Saved entries
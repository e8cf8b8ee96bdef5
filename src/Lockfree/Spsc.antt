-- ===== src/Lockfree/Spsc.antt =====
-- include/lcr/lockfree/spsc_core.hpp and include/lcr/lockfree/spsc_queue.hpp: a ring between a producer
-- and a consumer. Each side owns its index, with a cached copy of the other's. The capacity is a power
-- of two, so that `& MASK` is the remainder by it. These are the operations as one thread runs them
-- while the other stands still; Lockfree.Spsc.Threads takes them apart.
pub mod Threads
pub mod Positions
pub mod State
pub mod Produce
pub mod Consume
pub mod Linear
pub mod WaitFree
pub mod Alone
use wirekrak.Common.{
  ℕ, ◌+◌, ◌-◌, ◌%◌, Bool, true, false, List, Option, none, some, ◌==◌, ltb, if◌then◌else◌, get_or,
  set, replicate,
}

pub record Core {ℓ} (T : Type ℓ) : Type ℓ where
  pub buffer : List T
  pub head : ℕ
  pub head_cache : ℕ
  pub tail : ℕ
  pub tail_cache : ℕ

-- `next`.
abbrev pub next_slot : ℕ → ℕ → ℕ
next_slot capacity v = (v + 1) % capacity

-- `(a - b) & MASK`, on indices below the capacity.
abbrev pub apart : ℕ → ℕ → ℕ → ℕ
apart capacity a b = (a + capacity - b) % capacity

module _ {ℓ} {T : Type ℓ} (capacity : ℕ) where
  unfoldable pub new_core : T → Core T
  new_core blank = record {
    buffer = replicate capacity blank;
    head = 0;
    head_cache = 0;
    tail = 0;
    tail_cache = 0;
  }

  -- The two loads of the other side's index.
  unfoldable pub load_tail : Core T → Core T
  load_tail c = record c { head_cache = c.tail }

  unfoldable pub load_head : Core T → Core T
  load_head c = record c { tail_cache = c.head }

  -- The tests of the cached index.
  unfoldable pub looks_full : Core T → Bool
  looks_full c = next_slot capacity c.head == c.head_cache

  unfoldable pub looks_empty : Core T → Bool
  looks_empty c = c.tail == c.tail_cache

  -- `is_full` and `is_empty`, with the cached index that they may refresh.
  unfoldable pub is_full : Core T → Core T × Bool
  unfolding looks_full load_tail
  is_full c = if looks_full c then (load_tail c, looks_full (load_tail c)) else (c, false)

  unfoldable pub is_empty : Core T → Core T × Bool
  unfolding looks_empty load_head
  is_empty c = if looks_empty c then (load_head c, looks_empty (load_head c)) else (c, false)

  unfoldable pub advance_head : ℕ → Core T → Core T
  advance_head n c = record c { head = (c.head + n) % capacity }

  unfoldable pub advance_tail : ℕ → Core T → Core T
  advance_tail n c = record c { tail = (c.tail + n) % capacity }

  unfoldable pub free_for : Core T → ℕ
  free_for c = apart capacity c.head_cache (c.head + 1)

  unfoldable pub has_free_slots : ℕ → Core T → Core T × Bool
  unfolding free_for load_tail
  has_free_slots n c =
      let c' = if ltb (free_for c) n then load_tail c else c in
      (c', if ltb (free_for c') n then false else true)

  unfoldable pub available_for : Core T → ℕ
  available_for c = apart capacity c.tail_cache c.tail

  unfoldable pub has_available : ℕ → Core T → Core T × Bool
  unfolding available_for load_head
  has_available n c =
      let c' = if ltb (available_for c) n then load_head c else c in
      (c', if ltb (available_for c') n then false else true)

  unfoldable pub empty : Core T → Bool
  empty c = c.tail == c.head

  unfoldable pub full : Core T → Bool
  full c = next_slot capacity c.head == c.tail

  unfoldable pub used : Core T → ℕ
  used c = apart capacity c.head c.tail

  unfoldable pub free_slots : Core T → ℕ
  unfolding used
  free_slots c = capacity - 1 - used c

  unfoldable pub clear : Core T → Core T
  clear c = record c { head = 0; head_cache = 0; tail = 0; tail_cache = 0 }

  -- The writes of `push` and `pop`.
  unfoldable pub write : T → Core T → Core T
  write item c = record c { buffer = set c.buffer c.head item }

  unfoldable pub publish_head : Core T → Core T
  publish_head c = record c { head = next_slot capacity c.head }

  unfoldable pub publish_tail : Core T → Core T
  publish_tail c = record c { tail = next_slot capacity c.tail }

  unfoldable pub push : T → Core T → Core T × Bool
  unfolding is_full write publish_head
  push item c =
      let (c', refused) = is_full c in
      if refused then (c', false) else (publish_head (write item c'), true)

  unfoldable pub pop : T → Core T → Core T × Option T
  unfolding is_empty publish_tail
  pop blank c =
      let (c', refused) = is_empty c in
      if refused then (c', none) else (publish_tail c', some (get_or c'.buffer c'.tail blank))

...

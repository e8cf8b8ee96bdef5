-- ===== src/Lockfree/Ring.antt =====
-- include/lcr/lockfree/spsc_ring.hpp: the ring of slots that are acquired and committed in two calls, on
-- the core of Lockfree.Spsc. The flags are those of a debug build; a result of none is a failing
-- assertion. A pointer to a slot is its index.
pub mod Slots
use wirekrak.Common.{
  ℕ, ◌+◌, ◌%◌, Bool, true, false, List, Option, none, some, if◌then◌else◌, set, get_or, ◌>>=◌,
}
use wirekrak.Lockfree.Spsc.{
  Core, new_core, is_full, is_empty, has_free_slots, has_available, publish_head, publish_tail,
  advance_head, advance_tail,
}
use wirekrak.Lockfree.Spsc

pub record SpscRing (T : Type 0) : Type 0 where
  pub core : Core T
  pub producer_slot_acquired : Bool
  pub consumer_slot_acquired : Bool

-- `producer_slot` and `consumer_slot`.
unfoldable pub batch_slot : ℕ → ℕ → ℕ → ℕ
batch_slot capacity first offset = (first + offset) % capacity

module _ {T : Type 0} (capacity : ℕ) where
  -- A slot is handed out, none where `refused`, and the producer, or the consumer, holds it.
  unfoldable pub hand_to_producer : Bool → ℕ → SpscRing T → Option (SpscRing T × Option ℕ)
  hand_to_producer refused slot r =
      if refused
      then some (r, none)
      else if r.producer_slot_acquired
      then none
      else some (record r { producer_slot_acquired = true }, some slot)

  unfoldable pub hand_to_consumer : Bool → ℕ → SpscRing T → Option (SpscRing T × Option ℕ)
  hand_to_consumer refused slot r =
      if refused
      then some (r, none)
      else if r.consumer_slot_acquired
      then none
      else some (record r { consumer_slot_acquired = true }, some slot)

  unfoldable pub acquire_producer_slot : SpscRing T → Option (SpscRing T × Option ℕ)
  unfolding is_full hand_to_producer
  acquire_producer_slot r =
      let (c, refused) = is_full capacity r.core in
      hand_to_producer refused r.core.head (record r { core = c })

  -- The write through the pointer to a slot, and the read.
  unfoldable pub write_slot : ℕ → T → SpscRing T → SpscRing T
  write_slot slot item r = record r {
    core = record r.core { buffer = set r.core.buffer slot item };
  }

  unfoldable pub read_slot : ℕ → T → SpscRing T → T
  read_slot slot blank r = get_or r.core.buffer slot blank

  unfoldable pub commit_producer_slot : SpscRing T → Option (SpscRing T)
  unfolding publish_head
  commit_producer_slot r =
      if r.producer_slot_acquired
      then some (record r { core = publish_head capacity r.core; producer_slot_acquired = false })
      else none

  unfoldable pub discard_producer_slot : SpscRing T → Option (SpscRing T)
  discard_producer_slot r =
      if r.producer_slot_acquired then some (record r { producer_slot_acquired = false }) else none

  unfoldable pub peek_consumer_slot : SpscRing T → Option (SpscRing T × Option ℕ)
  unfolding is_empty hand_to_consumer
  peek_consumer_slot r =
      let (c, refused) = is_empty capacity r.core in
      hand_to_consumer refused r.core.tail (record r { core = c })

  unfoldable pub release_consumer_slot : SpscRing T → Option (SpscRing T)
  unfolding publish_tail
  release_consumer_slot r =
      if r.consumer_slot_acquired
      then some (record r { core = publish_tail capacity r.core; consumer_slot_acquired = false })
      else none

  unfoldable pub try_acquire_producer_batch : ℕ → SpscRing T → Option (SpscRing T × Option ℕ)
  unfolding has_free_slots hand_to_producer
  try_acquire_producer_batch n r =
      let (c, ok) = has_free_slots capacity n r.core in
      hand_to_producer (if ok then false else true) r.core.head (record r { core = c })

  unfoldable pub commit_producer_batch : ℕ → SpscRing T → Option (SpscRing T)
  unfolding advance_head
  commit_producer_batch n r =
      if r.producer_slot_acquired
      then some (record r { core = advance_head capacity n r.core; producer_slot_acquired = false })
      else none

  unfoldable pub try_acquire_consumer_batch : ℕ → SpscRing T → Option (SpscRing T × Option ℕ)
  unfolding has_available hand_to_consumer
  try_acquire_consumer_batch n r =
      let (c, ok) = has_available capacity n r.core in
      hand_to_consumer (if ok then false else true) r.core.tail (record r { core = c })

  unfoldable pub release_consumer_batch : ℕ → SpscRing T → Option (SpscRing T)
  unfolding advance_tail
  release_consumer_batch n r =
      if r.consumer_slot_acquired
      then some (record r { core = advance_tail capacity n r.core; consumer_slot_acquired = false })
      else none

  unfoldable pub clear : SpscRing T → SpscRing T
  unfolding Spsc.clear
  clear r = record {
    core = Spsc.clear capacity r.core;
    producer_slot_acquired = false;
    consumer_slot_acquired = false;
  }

---

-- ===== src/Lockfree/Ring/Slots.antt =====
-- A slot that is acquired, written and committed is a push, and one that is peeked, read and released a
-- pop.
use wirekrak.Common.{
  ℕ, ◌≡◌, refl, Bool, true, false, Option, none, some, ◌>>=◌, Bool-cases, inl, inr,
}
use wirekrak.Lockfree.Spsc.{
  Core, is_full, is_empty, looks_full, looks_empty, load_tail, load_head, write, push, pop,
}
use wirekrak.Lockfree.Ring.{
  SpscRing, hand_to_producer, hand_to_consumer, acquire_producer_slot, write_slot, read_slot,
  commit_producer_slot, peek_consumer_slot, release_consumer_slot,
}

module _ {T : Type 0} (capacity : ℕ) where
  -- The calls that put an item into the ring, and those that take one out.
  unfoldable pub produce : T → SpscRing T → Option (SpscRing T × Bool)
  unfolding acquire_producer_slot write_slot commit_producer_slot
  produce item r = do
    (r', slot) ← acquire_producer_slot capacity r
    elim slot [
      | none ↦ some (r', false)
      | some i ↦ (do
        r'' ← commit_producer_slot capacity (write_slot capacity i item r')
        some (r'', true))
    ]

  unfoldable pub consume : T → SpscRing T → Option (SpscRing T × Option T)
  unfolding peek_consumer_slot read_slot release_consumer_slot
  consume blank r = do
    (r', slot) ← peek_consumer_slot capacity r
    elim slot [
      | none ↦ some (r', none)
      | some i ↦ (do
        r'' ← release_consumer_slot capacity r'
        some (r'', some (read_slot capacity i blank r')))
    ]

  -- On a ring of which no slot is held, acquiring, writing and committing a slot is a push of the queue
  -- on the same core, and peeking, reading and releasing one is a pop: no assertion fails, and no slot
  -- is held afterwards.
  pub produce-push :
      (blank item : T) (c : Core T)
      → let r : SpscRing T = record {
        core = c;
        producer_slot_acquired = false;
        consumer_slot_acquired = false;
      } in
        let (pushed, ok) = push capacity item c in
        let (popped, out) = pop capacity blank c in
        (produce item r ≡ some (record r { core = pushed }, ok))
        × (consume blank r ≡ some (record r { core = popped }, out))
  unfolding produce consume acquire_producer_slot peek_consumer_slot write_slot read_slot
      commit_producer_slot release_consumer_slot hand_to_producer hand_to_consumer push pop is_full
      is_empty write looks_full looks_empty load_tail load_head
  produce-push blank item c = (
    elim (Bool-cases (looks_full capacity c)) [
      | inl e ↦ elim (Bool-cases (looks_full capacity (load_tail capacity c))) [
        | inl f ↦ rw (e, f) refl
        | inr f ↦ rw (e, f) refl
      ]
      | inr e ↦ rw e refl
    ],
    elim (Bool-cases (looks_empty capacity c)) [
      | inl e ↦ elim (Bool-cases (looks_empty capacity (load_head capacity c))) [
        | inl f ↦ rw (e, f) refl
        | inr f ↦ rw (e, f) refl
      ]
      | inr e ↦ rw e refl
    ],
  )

• About this exercise:
Return word for word the lines above from the line with "producer_slot_acquired = true" to the line with "hand_to_producer (if ok", including both and leaving out all others.

• Output of the task:
      else some (record r { producer_slot_acquired = true }, some slot)

  unfoldable pub hand_to_consumer : Bool → ℕ → SpscRing T → Option (SpscRing T × Option ℕ)
  hand_to_consumer refused slot r =
      if refused
      then some (r, none)
      else if r.consumer_slot_acquired
      then none
      else some (record r { consumer_slot_acquired = true }, some slot)

  unfoldable pub acquire_producer_slot : SpscRing T → Option (SpscRing T × Option ℕ)
  unfolding is_full hand_to_producer
  acquire_producer_slot r =
      let (c, refused) = is_full capacity r.core in
      hand_to_producer refused r.core.head (record r { core = c })

  -- The write through the pointer to a slot, and the read.
  unfoldable pub write_slot : ℕ → T → SpscRing T → SpscRing T
  write_slot slot item r = record r {
    core = record r.core { buffer = set r.core.buffer slot item };
  }

  unfoldable pub read_slot : ℕ → T → SpscRing T → T
  read_slot slot blank r = get_or r.core.buffer slot blank

  unfoldable pub commit_producer_slot : SpscRing T → Option (SpscRing T)
  unfolding publish_head
  commit_producer_slot r =
      if r.producer_slot_acquired
      then some (record r { core = publish_head capacity r.core; producer_slot_acquired = false })
      else none

  unfoldable pub discard_producer_slot : SpscRing T → Option (SpscRing T)
  discard_producer_slot r =
      if r.producer_slot_acquired then some (record r { producer_slot_acquired = false }) else none

  unfoldable pub peek_consumer_slot : SpscRing T → Option (SpscRing T × Option ℕ)
  unfolding is_empty hand_to_consumer
  peek_consumer_slot r =
      let (c, refused) = is_empty capacity r.core in
      hand_to_consumer refused r.core.tail (record r { core = c })

  unfoldable pub release_consumer_slot : SpscRing T → Option (SpscRing T)
  unfolding publish_tail
  release_consumer_slot r =
      if r.consumer_slot_acquired
      then some (record r { core = publish_tail capacity r.core; consumer_slot_acquired = false })
      else none

  unfoldable pub try_acquire_producer_batch : ℕ → SpscRing T → Option (SpscRing T × Option ℕ)
  unfolding has_free_slots hand_to_producer
  try_acquire_producer_batch n r =
      let (c, ok) = has_free_slots capacity n r.core in
      hand_to_producer (if ok then false else true) r.core.head (record r { core = c })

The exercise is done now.